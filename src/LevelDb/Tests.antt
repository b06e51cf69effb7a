-- ===== src/LevelDb/Tests.antt =====
-- The keys of datastore/leveldb/leveldb.go on concrete numbers.
use juren_cluster.Prelude.{◌≡◌, arith, true, bytes_lt}
use juren_cluster.Outcome.{ok}
use juren_cluster.LevelDb.Keys.{key_from_seq, seq_from_key}
use juren_cluster.LevelDb.KeyOrder.{lt-key_from_seq, seq_from_key-key_from_seq}

lt-key_from_seq_example : bytes_lt (key_from_seq 15) (key_from_seq 256) ≡ true
lt-key_from_seq_example = lt-key_from_seq 15 256 (omega arith) (omega arith)

seq_from_key-key_from_seq_example : seq_from_key (key_from_seq 255) ≡ ok 255
seq_from_key-key_from_seq_example = seq_from_key-key_from_seq 255 (omega arith)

^^^^

*Action item*. Locate the lines above that contain "Tests" and copy them.

*Task result*.
filename src/LevelDb/Tests.antt
-- ===== src/LevelDb/Tests.antt =====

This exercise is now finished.